Haley: Venezuela Shouldn’t Be On UN Human Rights Council

Former U.S. Ambassador to the United Nations Nikki Haley is calling for members of the UN General Assembly to block Venezuela from a spot on the Human Rights Council, Fox News reported.

“Venezuela is the last country that should sit on a council that’s supposed to protect human rights,” Haley wrote in a scathing op-ed in the Miami Herald on Sunday. “And yet, because of the corrupt rules for membership in the HRC, the Maduro regime has a real chance of winning.”

Before Costa Rica mounted a bid for the HRC, Venezuela was one of two Latin American countries running for the region’s two allotted spots in this week’s election, essentially guaranteeing it a seat.

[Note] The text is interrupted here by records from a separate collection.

-- ===== src/Registered/Entries.antt =====
-- One catalog: what adding and removing a service does to its list.
use primaza.Common.{◌≡◌, refl, ◌∙◌, ℕ, suc, Bool, true, false, not, ◌&&◌, ◌||◌, String}
use primaza.Common.{none, some, List, [], ◌∷◌, ◌++◌, take, drop, arith, any}
use primaza.Common.{◌==◌, string_eq, Bool-cases, inl, inr, Option-cases, ◌⊎◌}
use primaza.Api.{ServiceCatalogService}
use primaza.Registered.Catalogs.{index_of_service}

-- The catalog lists a service of that name.
abbrev pub lists : List ServiceCatalogService → String → Bool
lists services name = any (λ s. s.name == name) services

-- No two services of the catalog have one name.
abbrev pub UniqueNames : List ServiceCatalogService → Type 0
UniqueNames [] = Unit
UniqueNames (s ∷ services) = (lists services s.name ≡ false) × UniqueNames services

pub index-none :
    (services : List ServiceCatalogService) (name : String)
    → index_of_service services name ≡ none
    → lists services name ≡ false
unfolding index_of_service
index-none [] name h = refl
index-none (s ∷ services) name h = ground (arith, index-none services name)

index-nil : (name : String) → index_of_service [] name ≡ none
unfolding index_of_service
index-nil name = refl

-- An index that was found is that of the first entry, or one further on in the rest.
index-some :
    (s : ServiceCatalogService) (services : List ServiceCatalogService) (name : String) (i : ℕ)
    → index_of_service (s ∷ services) name ≡ some i
    → ((i ≡ 0) × ((s.name == name) ≡ true))
      ⊎ ((j : ℕ) × (i ≡ suc j)
          × (index_of_service services name ≡ some j)
          × ((s.name == name) ≡ false))
unfolding index_of_service
index-some s services name i h = elim (Bool-cases (s.name == name)) [
  | inl here ↦ inl (ground arith, here)
  | inr there ↦ elim (Option-cases (index_of_service services name)) [
    | inl lost ↦ absurd (ground arith)
    | inr (j, e) ↦ inr (j, ground arith, e, there)
  ]
]

pub index-lists :
    (services : List ServiceCatalogService) (name : String) (i : ℕ)
    → index_of_service services name ≡ some i
    → lists services name ≡ true
index-lists [] name i h = cc (index-nil name)
index-lists (s ∷ services) name i h = elim (index-some s services name i h) [
  | inl (first, same) ↦ ground arith
  | inr (j, later, found, differ) ↦ ground (arith, index-lists services name j found)
]

pub lists-append :
    (xs ys : List ServiceCatalogService) (name : String)
    → lists (xs ++ ys) name ≡ (lists xs name || lists ys name)
lists-append [] ys name = refl
lists-append (s ∷ xs) ys name = ground (arith, lists-append xs ys name)

-- The list without the entry at an index.
abbrev pub cut : ℕ → List ServiceCatalogService → List ServiceCatalogService
cut i services = take i services ++ drop (suc i) services

lists_self : (s : ServiceCatalogService) (name : String) → (s.name == name) ≡ true → s.name ≡ name
lists_self s name h = ground arith

-- Cutting out the entry that was found removes its name, and no other.
pub lists-cut :
    (services : List ServiceCatalogService) (name : String) (i : ℕ) (other : String)
    → UniqueNames services
    → index_of_service services name ≡ some i
    → lists (cut i services) other ≡ (lists services other && not (other == name))
lists-cut [] name i other u h = cc (index-nil name)
lists-cut (s ∷ services) name i other u h = elim (index-some s services name i h) [
  | inl (first, same) ↦ rw first (ground arith)
  | inr (j, later, found, differ) ↦
      rw later (ground (arith, lists-cut services name j other u.1 found))
]

pub UniqueNames-cut :
    (services : List ServiceCatalogService) (name : String) (i : ℕ)
    → UniqueNames services
    → index_of_service services name ≡ some i
    → UniqueNames (cut i services)
UniqueNames-cut [] name i u h = absurd (ground (arith, index-nil name))
UniqueNames-cut (s ∷ services) name i u h = elim (index-some s services name i h) [
  | inl (first, same) ↦ rw first u.1
  | inr (j, later, found, differ) ↦ rw later (
    lists-cut services name j s.name u.1 found ∙ ground arith,
    UniqueNames-cut services name j u.1 found,
  )
]

pub UniqueNames-append :
    (services : List ServiceCatalogService) (s : ServiceCatalogService)
    → UniqueNames services
    → lists services s.name ≡ false
    → UniqueNames (services ++ (s ∷ []))
UniqueNames-append [] s u h = (refl, tt)
UniqueNames-append (t ∷ services) s u h = (
  lists-append services (s ∷ []) t.name ∙ ground arith,
  UniqueNames-append services s u.1 (ground arith),
)
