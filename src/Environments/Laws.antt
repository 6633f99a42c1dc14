-- ===== src/Environments/Laws.antt =====
-- Which services a new catalog of an environment lists.
use primaza.Common.{
  ◌≡◌, refl, Bool, ◌&&◌, String, List, [], ◌∷◌, any, arith, Option-cases, inl, inr,
}
use primaza.Common.{◌==◌, string_eq}
use primaza.Api.{RegisteredService, ClusterEnvironment}
use primaza.Api.{available, service_state_eq, get_environment_constraints, RegisteredServiceSpec}
use primaza.EnvTag.{matches}
use primaza.Environments.{offered_services, new_catalog, allows_environment}
use primaza.Registered.Entries.{lists}

-- A registered service of that name is available and its constraints allow the environment, by the
-- test that the handler of registered services makes.
abbrev pub offers : String → String → RegisteredService → Bool
offers env name rs =
    rs.meta.name == name
    && (rs.status.state == available && matches env (get_environment_constraints rs.spec))

allows_environment-matches :
    (spec : RegisteredServiceSpec) (env : String)
    → allows_environment spec.constraints env ≡ matches env (get_environment_constraints spec)
unfolding matches get_environment_constraints
allows_environment-matches spec env = elim (Option-cases spec.constraints) [
  | inl h ↦ rw h refl
  | inr (c, h) ↦ rw h refl
]

-- A catalog that is made for an environment lists a name exactly if one of the registered services
-- has that name, is available, and has constraints that allow the environment by the test that the
-- handler of registered services makes.
pub new_catalog-lists :
    (ce : ClusterEnvironment) (rsl : List RegisteredService) (name : String)
    → lists (new_catalog ce rsl).spec.services name ≡ any (offers ce.spec.environment_name name) rsl
unfolding offered_services
new_catalog-lists ce [] name = refl
new_catalog-lists ce (rs ∷ rsl) name = ground (
  arith,
  new_catalog-lists ce rsl name,
  allows_environment-matches rs.spec ce.spec.environment_name,
)
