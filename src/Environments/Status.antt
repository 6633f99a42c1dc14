-- ===== src/Environments/Status.antt =====
-- controllers/clusterenvironment_controller.go: the status of an environment. The functions change the
-- object of the caller, which the model returns also where they fail.
use primaza.Common.{none, Bool, String, ◌<>◌, List, [], ◌∷◌, ◌++◌}
use primaza.Common.{◌==◌, string_eq, if◌then◌else◌}
use primaza.Common.Errors.{Error, Result, ok, err, panic, message}
use primaza.Common.Effects.{Action, pure, lift, crash, attempt, ◌>>=◌, ◌>>◌, errors_of}
use primaza.Api.{Condition, ClusterEnvironment, ClusterEnvironmentState, partial}
use primaza.Cluster.{Platform}
use primaza.ControlPlane.{
  spaced, ConnectionStatus, connection_condition, test_connection_status, wrap,
}
use primaza.ControlPlane.Naming.{NamespaceType, application, service}
use primaza.Authz.{
  AccessReview, ResourcePermissions, NamespacedPermissionsReport, all_satisfied, check_permissions,
}
use primaza.Authz.Excess.{ResourceRule, access_list}
use primaza.Authz.Lists.{
  app_permission_list, svc_permission_list, get_agent_app_required_permissions,
  get_agent_svc_required_permissions,
}

-- The reviews that a cluster makes of what the caller may do.
pub record Reviews (W Config : Type 0) : Type 0 where
  pub create_review : Config → AccessReview → Action W Bool
  pub create_rules_review : Config → String → Action W (List ResourceRule)

-- An environment, and the result of a function that has changed it.
abbrev pub Tested : Type 0 → Type 0
Tested A = ClusterEnvironment × Result A

-- `permissionRequiredReason`
abbrev pub permission_required_reason : NamespaceType → String
permission_required_reason application = "ApplicationNamespacePermissionsRequired"
permission_required_reason service = "ServiceNamespacePermissionsRequired"

-- `buildPermissionCondition`
unfoldable pub build_permission_condition : NamespaceType → List String → Condition
build_permission_condition kind [] = record {
  type = permission_required_reason kind;
  status = "False";
  reason = "PermissionsGranted";
  message = "all required permissions are granted";
  observed_generation = 0;
  last_transition_time = none;
}
build_permission_condition kind (ns ∷ failed) = record {
  type = permission_required_reason kind;
  status = "True";
  reason = "PermissionsNotGranted";
  message = "namespaces missing required permissions: [" <> spaced (ns ∷ failed) <> "]";
  observed_generation = 0;
  last_transition_time = none;
}

-- The loop of `testTypedNamespacesPermissions`.
unfoldable pub failed_namespaces : List (String × NamespacedPermissionsReport) → List String
failed_namespaces [] = []
failed_namespaces ((ns, rp) ∷ pr) =
    let failed = failed_namespaces pr in if all_satisfied rp then failed else ns ∷ failed

abbrev pub excess_condition : String → String → String → Condition
excess_condition type text status = record {
  type = type;
  status = status;
  reason = "ExcessPermissions";
  message = text;
  observed_generation = 0;
  last_transition_time = none;
}

module _ (set_condition : List Condition → Condition → List Condition) where
  abbrev pub with_condition : Condition → ClusterEnvironment → ClusterEnvironment
  with_condition c ce = record ce {
    status = record (ce.status) { conditions = set_condition ce.status.conditions c };
  }

  -- `updateClusterEnvironmentStatus`
  unfoldable pub update_cluster_environment_status :
      ConnectionStatus → ClusterEnvironment → ClusterEnvironment
  update_cluster_environment_status cs ce = record ce {
    status = record {
      state = cs.state;
      conditions = set_condition ce.status.conditions (connection_condition cs);
    };
  }

  -- A branch of `checkExcessPermissions`.
  abbrev pub with_excess :
      Condition → Result (List String) → ClusterEnvironment → ClusterEnvironment
  with_excess c (ok []) ce = ce
  with_excess c (ok (p ∷ ep)) ce = with_condition c ce
  with_excess c (err e) ce = ce
  with_excess c panic ce = ce

  abbrev pub with_state : ClusterEnvironmentState → ClusterEnvironment → ClusterEnvironment
  with_state s ce = record ce { status = record (ce.status) { state = s } }

  -- The end of `testNamespacesPermissions`.
  unfoldable pub with_partial : List String → List String → ClusterEnvironment → ClusterEnvironment
  with_partial [] [] ce = ce
  with_partial [] (ns ∷ snsp) ce = with_state partial ce
  with_partial (ns ∷ ansp) snsp ce = with_state partial ce

  abbrev pub typed_tested :
      NamespaceType
      → ClusterEnvironment
      → Result (List (String × NamespacedPermissionsReport))
      → Tested (List String)
  typed_tested kind ce (ok pr) =
      let failed = failed_namespaces pr in
      (with_condition (build_permission_condition kind failed) ce, ok failed)
  typed_tested kind ce (err e) = (ce, err e)
  typed_tested kind ce panic = (ce, panic)

  module _ {W Config : Type 0} (platform : Platform W Config) (reviews : Reviews W Config) where
    -- `testConnection`
    unfoldable pub test_connection : Config → ClusterEnvironment → Action W (Tested (Unit {0}))
    test_connection cfg ce = do
      cr ← test_connection_status platform cfg
      let ce' = update_cluster_environment_status cr ce
      pure (
        ce',
        if cr.reason == "ConnectionSuccessful"
            then ok tt
            else err (message "can not connect to target cluster"),
      )

    -- `checkExcessPermissions`
    unfoldable pub check_excess_permissions :
        Config → ClusterEnvironment → Action W (ClusterEnvironment × List Error)
    check_excess_permissions cfg ce = do
      a ← attempt (
          access_list (reviews.create_rules_review cfg) app_permission_list
            ce.spec.application_namespaces)
      s ← attempt (
          access_list (reviews.create_rules_review cfg) svc_permission_list
            ce.spec.service_namespaces)
      let app =
          excess_condition "ExcessPermissionsInApplicationNamespaces"
            "More permissions than required granted for Application Namespaces" "True"
      let svc =
          excess_condition "ExcessPermissionsInServiceNamespaces"
            "More permissions than required granted for Service Namespaces" "False"
      pure (with_excess svc s (with_excess app a ce), errors_of a ++ errors_of s)

    -- `TestResourcePermissions`
    unfoldable pub test_resource_permissions :
        Config
        → List String
        → List ResourcePermissions
        → Action W (List (String × NamespacedPermissionsReport))
    test_resource_permissions cfg namespaces permissions = do
      lift (wrap "error creating the client" (platform.new_for_config cfg))
      check_permissions (reviews.create_review cfg) namespaces permissions

    -- `testTypedNamespacesPermissions`
    unfoldable pub test_typed_namespaces_permissions :
        Config
        → ClusterEnvironment
        → NamespaceType
        → List ResourcePermissions
        → List String
        → Action W (Tested (List String))
    test_typed_namespaces_permissions cfg ce kind permissions namespaces = do
      pr ← attempt (test_resource_permissions cfg namespaces permissions)
      pure (typed_tested kind ce pr)

    unfoldable pub services_tested :
        List String → Tested (List String) → Action W (Tested (List String × List String))
    services_tested ansp (ce, ok snsp) = pure (with_partial ansp snsp ce, ok (ansp, snsp))
    services_tested ansp (ce, err e) = pure (ce, err e)
    services_tested ansp (ce, panic) = crash

    unfoldable pub applications_tested :
        Config → Tested (List String) → Action W (Tested (List String × List String))
    applications_tested cfg (ce, ok ansp) = do
      t ←
          test_typed_namespaces_permissions cfg ce service get_agent_svc_required_permissions
            ce.spec.service_namespaces
      services_tested ansp t
    applications_tested cfg (ce, err e) = pure (ce, err e)
    applications_tested cfg (ce, panic) = crash

    -- `testNamespacesPermissions`
    unfoldable pub test_namespaces_permissions :
        Config → ClusterEnvironment → Action W (Tested (List String × List String))
    test_namespaces_permissions cfg ce = do
      t ←
          test_typed_namespaces_permissions cfg ce application get_agent_app_required_permissions
            ce.spec.application_namespaces
      applications_tested cfg t
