-- ===== src/Environments/Secrets.antt =====
-- controllers/clusterenvironment_controller.go: the secret of an environment, and the configuration that
-- it holds.
use primaza.Common.{String, ◌<>◌, List}
use primaza.Common.Errors.{Error, Result, ok, err, panic, Outcome}
use primaza.Common.Effects.{Action, pure, lift, crash, attempt, ◌>>=◌}
use primaza.Api.{Condition, ObjectMeta, Secret, ClusterEnvironment, offline}
use primaza.Cluster.{Cluster, Platform}
use primaza.ClusterContext.{get_cluster_context_secret, extract_cluster_rest_config}
use primaza.ControlPlane.{ConnectionStatus}
use primaza.Environments.Status.{Tested, update_cluster_environment_status}

-- The server's answer to a write of the status stands over the caller's object.
abbrev pub answered : ClusterEnvironment → Result ClusterEnvironment → Tested (Unit {0})
answered ce (ok ce') = (ce', ok tt)
answered ce (err e) = (ce, err e)
answered ce panic = (ce, panic)

abbrev pub offline_status : String → String → ConnectionStatus
offline_status reason text = record { state = offline; reason = reason; message = text }

-- The error of the write, if it has failed, and else the error that was written.
abbrev pub failed_with : {A : Type 0} → Error → Outcome → Result A
failed_with e (ok _) = err e
failed_with e (err d) = err d
failed_with e panic = panic

abbrev pub failing : {A : Type 0} → Error → Tested (Unit {0}) → Tested A
failing e (ce, outcome) = (ce, failed_with e outcome)

module _ {W Config : Type 0} (cli : Cluster W) (platform : Platform W Config)
    (set_condition : List Condition → Condition → List Condition)
    (error_text : Error → String) where
  -- `updateClusterEnvironmentStatus`, and the write of the status.
  unfoldable pub write_connection :
      ConnectionStatus → ClusterEnvironment → Action W (Tested (Unit {0}))
  write_connection cs ce = do
    let ce' = update_cluster_environment_status set_condition cs ce
    r ← attempt (cli.cluster_environments.update_status ce')
    pure (answered ce' r)

  unfoldable pub context_secret_read : ClusterEnvironment → Result Secret → Action W (Tested Secret)
  context_secret_read ce (ok s) = pure (ce, ok s)
  context_secret_read ce (err e) = do
    t ←
        write_connection
          (offline_status "ClientCreationError"
            ("error retrieving the ClusterContext secret: " <> error_text e))
          ce
    pure (failing e t)
  context_secret_read ce panic = crash

  -- `getClusterContextSecret`
  unfoldable pub read_cluster_context_secret : ClusterEnvironment → Action W (Tested Secret)
  read_cluster_context_secret ce = do
    s ← attempt (get_cluster_context_secret cli platform ce)
    context_secret_read ce s

  abbrev pub stored_or_sent : Secret → Result Secret → Result Secret
  stored_or_sent s (ok s') = ok s'
  stored_or_sent s (err e) = ok s
  stored_or_sent s panic = panic

  unfoldable pub own_secret : Secret → Result ObjectMeta → Action W Secret
  own_secret s (ok owned) = do
    let sent = record s { meta = owned }
    r ← attempt (cli.secrets.update sent)
    lift (stored_or_sent sent r)
  own_secret s (err e) = pure s
  own_secret s panic = crash

  -- `ensureOwnershipOfClusterContextSecret`: its errors are logged only.
  unfoldable pub ensure_ownership_of_cluster_context_secret :
      ClusterEnvironment → Secret → Action W Secret
  ensure_ownership_of_cluster_context_secret ce s =
      own_secret s (platform.set_controller_reference ce.meta s.meta)

  unfoldable pub config_extracted : ClusterEnvironment → Result Config → Action W (Tested Config)
  config_extracted ce (ok cfg) = pure (ce, ok cfg)
  config_extracted ce (err e) = do
    t ←
        write_connection
          (offline_status "ClientCreationError" ("error creating the client: " <> error_text e)) ce
    pure (failing e t)
  config_extracted ce panic = crash

  -- `extractClusterContextRESTConfig`
  unfoldable pub extract_cluster_context_rest_config :
      ClusterEnvironment → Secret → Action W (Tested Config)
  extract_cluster_context_rest_config ce s =
      config_extracted ce (extract_cluster_rest_config cli platform s)

  unfoldable pub secret_retrieved : Tested Secret → Action W (Tested Config)
  secret_retrieved (ce, ok s) = do
    s' ← ensure_ownership_of_cluster_context_secret ce s
    extract_cluster_context_rest_config ce s'
  secret_retrieved (ce, err e) = pure (ce, err e)
  secret_retrieved (ce, panic) = crash

  -- `retrieveClusterContextSecret`
  unfoldable pub retrieve_cluster_context_secret : ClusterEnvironment → Action W (Tested Config)
  retrieve_cluster_context_secret ce = do t ← read_cluster_context_secret ce; secret_retrieved t
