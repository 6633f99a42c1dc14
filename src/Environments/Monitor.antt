-- ===== src/Environments/Monitor.antt =====
-- controllers/clusterenvironment_controller.go: a round of `MonitorHealth`, which repeats without end.
use primaza.Common.{Bool, true, false, ◌||◌, String, ◌<>◌, List, []}
use primaza.Common.{if◌then◌else◌}
use primaza.Common.Errors.{
  Error, Result, ok, err, panic, api, message, wrapped, joined, secret_not_found,
}
use primaza.Common.Effects.{Action, pure, crash, attempt, ◌>>=◌, ◌>>◌, each}
use primaza.Api.{Condition, ClusterEnvironment}
use primaza.Cluster.{Cluster, Platform, in_namespace}
use primaza.Environments.Status.{
  Reviews, Tested, test_connection, check_excess_permissions, test_namespaces_permissions,
}
use primaza.Environments.Secrets.{offline_status, write_connection, retrieve_cluster_context_secret}

-- `errors.Is(err, clustercontext.ErrSecretNotFound)`
abbrev pub is_secret_not_found : Error → Bool
is_secret_not_found (api r) = false
is_secret_not_found (message m) = false
is_secret_not_found (wrapped m e) = is_secret_not_found e
is_secret_not_found (joined d e) = is_secret_not_found d || is_secret_not_found e
is_secret_not_found secret_not_found = true

abbrev pub listed_environments : Result (List ClusterEnvironment) → List ClusterEnvironment
listed_environments (ok l) = l
listed_environments (err e) = []
listed_environments panic = []

module _ {W Config : Type 0} (cli : Cluster W) (platform : Platform W Config)
    (reviews : Reviews W Config) (set_condition : List Condition → Condition → List Condition)
    (error_text : Error → String) where
  abbrev pub write_offline : String → String → ClusterEnvironment → Action W (Tested (Unit {0}))
  write_offline reason text ce =
      write_connection cli platform set_condition error_text (offline_status reason text) ce

  -- The status write that ends a round.
  unfoldable pub commit_status : ClusterEnvironment → Action W Unit
  commit_status ce = do attempt (cli.cluster_environments.update_status ce); pure tt

  unfoldable pub monitor_excess : Config → ClusterEnvironment → Action W Unit
  monitor_excess cfg ce = do
    (ce', _) ← check_excess_permissions set_condition platform reviews cfg ce
    commit_status ce'

  -- After a test that has failed: the next step follows only if the status was written.
  unfoldable pub if_written :
      (ClusterEnvironment → Action W Unit) → Tested (Unit {0}) → Action W Unit
  if_written next (ce, ok _) = next ce
  if_written next (ce, err e) = pure tt
  if_written next (ce, panic) = crash

  unfoldable pub permissions_monitored : Config → Tested (List String × List String) → Action W Unit
  permissions_monitored cfg (ce, ok _) = monitor_excess cfg ce
  permissions_monitored cfg (ce, err e) = do
    t ← write_offline "HealthCheckFailed" ("permission test failed: " <> error_text e) ce
    if_written (monitor_excess cfg) t
  permissions_monitored cfg (ce, panic) = crash

  unfoldable pub monitor_permissions : Config → ClusterEnvironment → Action W Unit
  monitor_permissions cfg ce = do
    t ← test_namespaces_permissions set_condition platform reviews cfg ce
    permissions_monitored cfg t

  unfoldable pub connection_monitored : Config → Tested (Unit {0}) → Action W Unit
  connection_monitored cfg (ce, ok _) = monitor_permissions cfg ce
  connection_monitored cfg (ce, err e) = do
    t ← write_offline "HealthCheckFailed" ("connection test failed: " <> error_text e) ce
    if_written (monitor_permissions cfg) t
  connection_monitored cfg (ce, panic) = crash

  unfoldable pub secret_missed : Error → ClusterEnvironment → Action W ClusterEnvironment
  secret_missed e ce =
      if is_secret_not_found e
      then (do
        (ce', _) ←
            write_offline "ErrorDuringHealthCheck" ("error creating the client: " <> error_text e)
              ce
        pure ce')
      else pure ce

  unfoldable pub secret_monitored : Tested Config → Action W Unit
  secret_monitored (ce, ok cfg) = do
    t ← test_connection set_condition platform reviews cfg ce
    connection_monitored cfg t
  secret_monitored (ce, err e) = do
    ce' ← secret_missed e ce
    write_offline "ErrorDuringHealthCheck" "kubeclient config is empty" ce'
    pure tt
  secret_monitored (ce, panic) = crash

  -- The body of the loop over the environments.
  unfoldable pub monitor_environment : ClusterEnvironment → Action W Unit
  monitor_environment ce = do
    t ← retrieve_cluster_context_secret cli platform set_condition error_text ce
    secret_monitored t

  -- A round of `MonitorHealth`
  unfoldable pub monitor_health : String → Action W Unit
  monitor_health ns = do
    listed ← attempt (cli.cluster_environments.list (in_namespace ns))
    each monitor_environment (listed_environments listed)
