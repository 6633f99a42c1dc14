-- ===== src/Environments/Namespaces.antt =====
-- controllers/clusterenvironment_controller.go: what is written into the namespaces of an environment.
use primaza.Common.{String, Option, none, some, List, [], ◌∷◌}
use primaza.Common.{◌==◌, string_eq, if◌then◌else◌}
use primaza.Common.Errors.{Result, ok, err, panic, and_then, ignore_not_found, join, join_all}
use primaza.Common.Effects.{Action, pure, lift, crash, attempt, ◌>>=◌, collect_errors}
use primaza.Api.{
  ClusterEnvironment, ServiceClaim, ServiceClaimApplicationClusterContext, ServiceClassIdentityItem,
  Secret, new_meta, insert,
}
use primaza.Cluster.{Cluster, Platform, in_namespace}
use primaza.ControlPlane.{Manifests, EnvironmentState, push_service_binding, reconcile_namespaces}
use primaza.Environments.{reconcile_service_catalog_application_namespaces}
use primaza.Slices.{subtract}

-- `ClusterEnvironmentReconcilerConfig`, without the namespace.
pub record ReconcilerConfig : Type 0 where
  pub app_agent_image : String
  pub svc_agent_image : String
  pub app_agent_manifest : String
  pub svc_agent_manifest : String
  pub app_agent_config_manifest : String
  pub svc_agent_config_manifest : String

-- `rest.InClusterConfig` with `client.New`, and `kubernetes.NewForConfig`.
pub record Clients (W Config : Type 0) : Type 0 where
  pub in_cluster_client : Action W (Cluster W)
  pub clientset : Config → Result (Cluster W)

-- The environment's state, with the namespaces that are asked for.
abbrev pub requested_state :
    ReconcilerConfig → ClusterEnvironment → List String → List String → EnvironmentState
requested_state config ce ans sns = record {
  name = ce.meta.name;
  namespace = ce.meta.namespace;
  application_namespaces = ans;
  service_namespaces = sns;
  app_agent_image = config.app_agent_image;
  svc_agent_image = config.svc_agent_image;
  app_agent_manifest = config.app_agent_manifest;
  svc_agent_manifest = config.svc_agent_manifest;
  app_agent_config_manifest = config.app_agent_config_manifest;
  svc_agent_config_manifest = config.svc_agent_config_manifest;
  strategy = ce.spec.synchronization_strategy;
}

-- The first loop of `reconcileServiceBindingApplicationNamespaces`: it reads the target through a
-- pointer, which a claim need not have.
unfoldable pub claims_tagged : String → List ServiceClaim → Result (List ServiceClaim)
claims_tagged env [] = ok []
claims_tagged env (sclaim ∷ rest) =
    let later = claims_tagged env rest in
    elim sclaim.spec.target [
      | none ↦ panic
      | some t ↦ if env == t.environment_tag then and_then later (λ l. ok (sclaim ∷ l)) else later
    ]

-- `secret.StringData[sci.Name] = sci.Value`, in order.
abbrev pub identity_data :
    List ServiceClassIdentityItem → List (String × String) → List (String × String)
identity_data [] m = m
identity_data (sci ∷ rest) m = identity_data rest (insert sci.name sci.value m)

abbrev pub identity_secret : ServiceClaim → Secret
identity_secret sclaim = record {
  meta = new_meta sclaim.meta.name sclaim.meta.namespace;
  content = [];
  string_data = identity_data sclaim.spec.service_class_identity [];
}

module _ {W Config : Type 0} (cli : Cluster W) (platform : Platform W Config)
    (manifests : Manifests) (clients : Clients W Config) where
  -- The end of a push, whose secret is dropped.
  unfoldable pub push_tagged : Config → ServiceClaim → Option String → List String → Action W Unit
  push_tagged cfg sclaim nspace application_namespaces = do
    p ←
        push_service_binding platform sclaim (identity_secret sclaim) nspace application_namespaces
          cfg
    lift p.outcome

  unfoldable pub push_in_context :
      Config
      → ClusterEnvironment
      → ServiceClaim
      → List String
      → Option ServiceClaimApplicationClusterContext
      → Action W Unit
  push_in_context cfg ce sclaim namespaces none = pure tt
  push_in_context cfg ce sclaim namespaces (some cc) =
      if ce.meta.name == cc.cluster_environment_name
      then push_tagged cfg sclaim (some cc.namespace) namespaces
      else pure tt

  -- A round of the second loop.
  unfoldable pub push_claim :
      Config → ClusterEnvironment → List String → ServiceClaim → Action W Unit
  push_claim cfg ce namespaces sclaim = elim sclaim.spec.target [
    | none ↦ crash
    | some t ↦
        if t.environment_tag == ""
        then push_in_context cfg ce sclaim namespaces t.application_cluster_context
        else (if ce.spec.environment_name == t.environment_tag
            then push_tagged cfg sclaim none namespaces
            else pure tt)
  ]

  unfoldable pub claims_listed :
      Config → ClusterEnvironment → List String → Result (List ServiceClaim) → Action W Unit
  claims_listed cfg ce namespaces (ok l) = do
    claims ← lift (claims_tagged ce.spec.environment_name l)
    errs ← collect_errors (push_claim cfg ce namespaces) claims
    lift (join_all errs)
  claims_listed cfg ce namespaces (err e) = lift (ignore_not_found e)
  claims_listed cfg ce namespaces panic = crash

  -- `reconcileServiceBindingApplicationNamespaces`
  unfoldable pub reconcile_service_binding_application_namespaces :
      Config → ClusterEnvironment → List String → Action W Unit
  reconcile_service_binding_application_namespaces cfg ce namespaces = do
    listed ← attempt (cli.service_claims.list (in_namespace ce.meta.namespace))
    claims_listed cfg ce namespaces listed

  -- `reconcileApplicationNamespaces`
  unfoldable pub reconcile_application_namespaces :
      Config → ClusterEnvironment → List String → Action W Unit
  reconcile_application_namespaces cfg ce failed = do
    let nns = subtract ce.spec.application_namespaces failed
    errcm ← attempt (reconcile_service_binding_application_namespaces cfg ce nns)
    errct ← attempt (reconcile_service_catalog_application_namespaces cli platform cfg ce nns)
    lift (join errcm errct)

  -- `NewNamespaceReconciler`, and `ReconcileNamespaces` on it.
  unfoldable pub reconcile_state : Config → EnvironmentState → Action W Unit
  reconcile_state cfg s = do
    pcli ← clients.in_cluster_client
    wcli ← lift (clients.clientset cfg)
    reconcile_namespaces pcli wcli manifests s

  -- `reconcileNamespaces`
  unfoldable pub reconcile_environment_namespaces :
      ReconcilerConfig → Config → ClusterEnvironment → List String → List String → Action W Unit
  reconcile_environment_namespaces config cfg ce fann fsnn = reconcile_state cfg (
      requested_state config ce (subtract ce.spec.application_namespaces fann)
        (subtract ce.spec.service_namespaces fsnn))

Brazil is also seeking to join the HRC. Haley beseeched U.N. members to vote for the Central American country over Venezuelan President Nicolas Maduro’s “criminal, socialist, narco-state.”

Haley said that while she expected opposition from Russia and China to her efforts to reform the long-maligned council while she was the U.S. ambassador, she was surprised at the complacency of countries that traditionally supported human rights.

“It’s difficult to say which was worse: the tolerance we encountered for human-rights violators or the hypocrisy of the countries that should have known better,” she said. “Almost all the pro-human-rights countries agreed on the need for reform of the Council. But they refused to take a stand in public.”

That complacency, Haley writes, is why the United States decided to leave the Human Rights Council during her tenure. She does, however, see Thursday’s vote for new members of the world’s foremost human rights watchdog as a chance at partial redemption for the body.

“The United States must continue to fight for the protection of human rights and human dignity. That is who we are. But the fight cannot be ours alone,” Haley said. “If the U.N. General Assembly elects Costa Rica instead of Venezuela, we will know that a majority of the world’s countries agree.”

Human Rights Council members serve three-year terms on a rotating calendar with a specific amount of spots allowed for countries from various geographical regions. There are 47 total member states on the Council, which are chosen by secret ballot.